-- ===== src/Vfs/Root.antt =====
-- `vfs_root_readdir` of kernel/fs/vfs.c.
use next_os.Prelude.{
  ℕ, zero, suc, ◌+◌, ◌-◌, ◌^◌, Bool, true, false, ◌&&◌, ◌||◌, Option, none, some, List, ltb, ◌==◌,
  if◌then◌else◌, get_or,
}
use next_os.Prelude.Outcome.{Outcome, fault, error, done}
use next_os.Disk.{Driver}
use next_os.Ramfs.Strings.{same, desktop, documents, images}
use next_os.Ramfs.Table.{Ramfs}
use next_os.Ramfs.Files.{Node}
use next_os.Ramfs.Readdir.{ramfs_readdir}
use next_os.Vfs.Node.{
  VfsNode, DiskFs, no_fs, fat32_fs, ext2_fs, ramfs_node, disk_root, cfg_name, cfg_node,
  readdir_disk,
}

-- `fs_data` of the local `ramfs_root`, -1 in 64 bits
abbrev pub ramfs_sentinel : ℕ
ramfs_sentinel = 2 ^ 64 - 1

-- The loop that counts the entries of the root of ramfs, whose node is there under each index below
-- their number; `none` says that the fuel ran out, or a fault.
unfoldable pub count_next : Outcome Node → ℕ → Option ℕ → Option ℕ
count_next fault count rest = none
count_next error count rest = some count
count_next (done node) count rest = rest

unfoldable pub count_ramfs : ℕ → Ramfs → ℕ → Option ℕ
count_ramfs zero r count = none
count_ramfs (suc n) r count =
    count_next (ramfs_readdir r ramfs_sentinel count) count (count_ramfs n r (count + 1))

unfoldable pub is_dot_entry : List ℕ → Bool
is_dot_entry name =
    get_or name 0 0 == b'.'
    && (get_or name 1 0 == 0 || (get_or name 1 0 == b'.' && get_or name 2 0 == 0))

unfoldable pub is_ramfs_builtin : List ℕ → Bool
is_ramfs_builtin name = same name desktop || (same name documents || same name images)

-- The entries of the disk that are skipped.
unfoldable pub hidden : List ℕ → Bool
hidden name = is_dot_entry name || (is_ramfs_builtin name || same name cfg_name)

-- What the loop along the disk's entries comes to: the entry, or their number.
pub data RootScan : Type 0 where
  found_node : VfsNode → RootScan
  seen : ℕ → RootScan

unfoldable pub root_entry :
    {D : Type 0}
    → Option (DiskFs D × Outcome VfsNode)
    → ℕ
    → ℕ
    → (DiskFs D → ℕ → Option (DiskFs D × Outcome RootScan))
    → Option (DiskFs D × Outcome RootScan)
root_entry none disk_scan disk_idx next = none
root_entry (some (fs, fault)) disk_scan disk_idx next = some (fs, fault)
root_entry (some (fs, error)) disk_scan disk_idx next = some (fs, done (seen disk_scan))
root_entry (some (fs, done child)) disk_scan disk_idx next =
    let skip = next fs disk_scan in
    let more = next fs (disk_scan + 1) in
    if hidden child.name
    then skip
    else if disk_scan == disk_idx
    then some (fs, done (found_node child))
    else more

-- The answer behind the loop.
unfoldable pub root_end :
    {D : Type 0} → ℕ → Option (DiskFs D × Outcome RootScan) → Option (DiskFs D × Outcome VfsNode)
root_end disk_idx none = none
root_end disk_idx (some (fs, fault)) = some (fs, fault)
root_end disk_idx (some (fs, error)) = some (fs, error)
root_end disk_idx (some (fs, done (found_node child))) = some (fs, done child)
root_end disk_idx (some (fs, done (seen disk_scan))) =
    if disk_scan == disk_idx then some (fs, done cfg_node) else some (fs, error)

unfoldable pub vfs_child : Outcome Node → Outcome VfsNode
vfs_child fault = fault
vfs_child error = error
vfs_child (done node) = done (ramfs_node node)

unfoldable pub is_ready : {D : Type 0} → DiskFs D → Bool
is_ready no_fs = false
is_ready (fat32_fs f) = true
is_ready (ext2_fs e) = true

module _ {D : Type 0} (drv : Driver D) (scratch : List ℕ) (fuel : ℕ) where
  -- The loop along the disk's entries from index `i` on, which has no bound in the code; `none` says
  -- that the fuel ran out.
  unfoldable pub scan_root : ℕ → DiskFs D → ℕ → ℕ → ℕ → Option (DiskFs D × Outcome RootScan)
  scan_root zero fs i disk_scan disk_idx = none
  scan_root (suc n) fs i disk_scan disk_idx =
      root_entry (readdir_disk drv scratch fuel fs (disk_root fs) i) disk_scan disk_idx
        (λ g count. scan_root n g (i + 1) count disk_idx)

  unfoldable pub root_behind : DiskFs D → Ramfs → ℕ → Option ℕ → Option (DiskFs D × Outcome VfsNode)
  root_behind fs r index none = none
  root_behind fs r index (some ramfs_count) =
      if ltb index ramfs_count
      then some (fs, vfs_child (ramfs_readdir r ramfs_sentinel index))
      else if is_ready fs
      then root_end (index - ramfs_count) (scan_root fuel fs 0 0 (index - ramfs_count))
      else some (fs, error)

  -- `vfs_root_readdir` with an index that is not negative; the loop of ramfs has fuel for 128 entries.
  unfoldable pub vfs_root_readdir : DiskFs D → Ramfs → ℕ → Option (DiskFs D × Outcome VfsNode)
  vfs_root_readdir fs r index = root_behind fs r index (count_ramfs 129 r 0)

(TASK PROMPT) Transcribe each line of the listing exactly.

(SOLUTION)
-- ===== src/Vfs/Root.antt =====
-- `vfs_root_readdir` of kernel/fs/vfs.c.
use next_os.Prelude.{
  ℕ, zero, suc, ◌+◌, ◌-◌, ◌^◌, Bool, true, false, ◌&&◌, ◌||◌, Option, none, some, List, ltb, ◌==◌,
  if◌then◌else◌, get_or,
}
use next_os.Prelude.Outcome.{Outcome, fault, error, done}
use next_os.Disk.{Driver}
use next_os.Ramfs.Strings.{same, desktop, documents, images}
use next_os.Ramfs.Table.{Ramfs}
use next_os.Ramfs.Files.{Node}
use next_os.Ramfs.Readdir.{ramfs_readdir}
use next_os.Vfs.Node.{
  VfsNode, DiskFs, no_fs, fat32_fs, ext2_fs, ramfs_node, disk_root, cfg_name, cfg_node,
  readdir_disk,
}

-- `fs_data` of the local `ramfs_root`, -1 in 64 bits
abbrev pub ramfs_sentinel : ℕ
ramfs_sentinel = 2 ^ 64 - 1

-- The loop that counts the entries of the root of ramfs, whose node is there under each index below
-- their number; `none` says that the fuel ran out, or a fault.
unfoldable pub count_next : Outcome Node → ℕ → Option ℕ → Option ℕ
count_next fault count rest = none
count_next error count rest = some count
count_next (done node) count rest = rest

unfoldable pub count_ramfs : ℕ → Ramfs → ℕ → Option ℕ
count_ramfs zero r count = none
count_ramfs (suc n) r count =
    count_next (ramfs_readdir r ramfs_sentinel count) count (count_ramfs n r (count + 1))

unfoldable pub is_dot_entry : List ℕ → Bool
is_dot_entry name =
    get_or name 0 0 == b'.'
    && (get_or name 1 0 == 0 || (get_or name 1 0 == b'.' && get_or name 2 0 == 0))

unfoldable pub is_ramfs_builtin : List ℕ → Bool
is_ramfs_builtin name = same name desktop || (same name documents || same name images)

-- The entries of the disk that are skipped.
unfoldable pub hidden : List ℕ → Bool
hidden name = is_dot_entry name || (is_ramfs_builtin name || same name cfg_name)

-- What the loop along the disk's entries comes to: the entry, or their number.
pub data RootScan : Type 0 where
  found_node : VfsNode → RootScan
  seen : ℕ → RootScan

unfoldable pub root_entry :
    {D : Type 0}
    → Option (DiskFs D × Outcome VfsNode)
    → ℕ
    → ℕ
    → (DiskFs D → ℕ → Option (DiskFs D × Outcome RootScan))
    → Option (DiskFs D × Outcome RootScan)
root_entry none disk_scan disk_idx next = none
root_entry (some (fs, fault)) disk_scan disk_idx next = some (fs, fault)
root_entry (some (fs, error)) disk_scan disk_idx next = some (fs, done (seen disk_scan))
root_entry (some (fs, done child)) disk_scan disk_idx next =
    let skip = next fs disk_scan in
    let more = next fs (disk_scan + 1) in
    if hidden child.name
    then skip
    else if disk_scan == disk_idx
    then some (fs, done (found_node child))
    else more

-- The answer behind the loop.
unfoldable pub root_end :
    {D : Type 0} → ℕ → Option (DiskFs D × Outcome RootScan) → Option (DiskFs D × Outcome VfsNode)
root_end disk_idx none = none
root_end disk_idx (some (fs, fault)) = some (fs, fault)
root_end disk_idx (some (fs, error)) = some (fs, error)
root_end disk_idx (some (fs, done (found_node child))) = some (fs, done child)
root_end disk_idx (some (fs, done (seen disk_scan))) =
    if disk_scan == disk_idx then some (fs, done cfg_node) else some (fs, error)

unfoldable pub vfs_child : Outcome Node → Outcome VfsNode
vfs_child fault = fault
vfs_child error = error
vfs_child (done node) = done (ramfs_node node)

unfoldable pub is_ready : {D : Type 0} → DiskFs D → Bool
is_ready no_fs = false
is_ready (fat32_fs f) = true
is_ready (ext2_fs e) = true

module _ {D : Type 0} (drv : Driver D) (scratch : List ℕ) (fuel : ℕ) where
  -- The loop along the disk's entries from index `i` on, which has no bound in the code; `none` says
  -- that the fuel ran out.
  unfoldable pub scan_root : ℕ → DiskFs D → ℕ → ℕ → ℕ → Option (DiskFs D × Outcome RootScan)
  scan_root zero fs i disk_scan disk_idx = none
  scan_root (suc n) fs i disk_scan disk_idx =
      root_entry (readdir_disk drv scratch fuel fs (disk_root fs) i) disk_scan disk_idx
        (λ g count. scan_root n g (i + 1) count disk_idx)

  unfoldable pub root_behind : DiskFs D → Ramfs → ℕ → Option ℕ → Option (DiskFs D × Outcome VfsNode)
  root_behind fs r index none = none
  root_behind fs r index (some ramfs_count) =
      if ltb index ramfs_count
      then some (fs, vfs_child (ramfs_readdir r ramfs_sentinel index))
      else if is_ready fs
      then root_end (index - ramfs_count) (scan_root fuel fs 0 0 (index - ramfs_count))
      else some (fs, error)

  -- `vfs_root_readdir` with an index that is not negative; the loop of ramfs has fuel for 128 entries.
  unfoldable pub vfs_root_readdir : DiskFs D → Ramfs → ℕ → Option (DiskFs D × Outcome VfsNode)
  vfs_root_readdir fs r index = root_behind fs r index (count_ramfs 129 r 0)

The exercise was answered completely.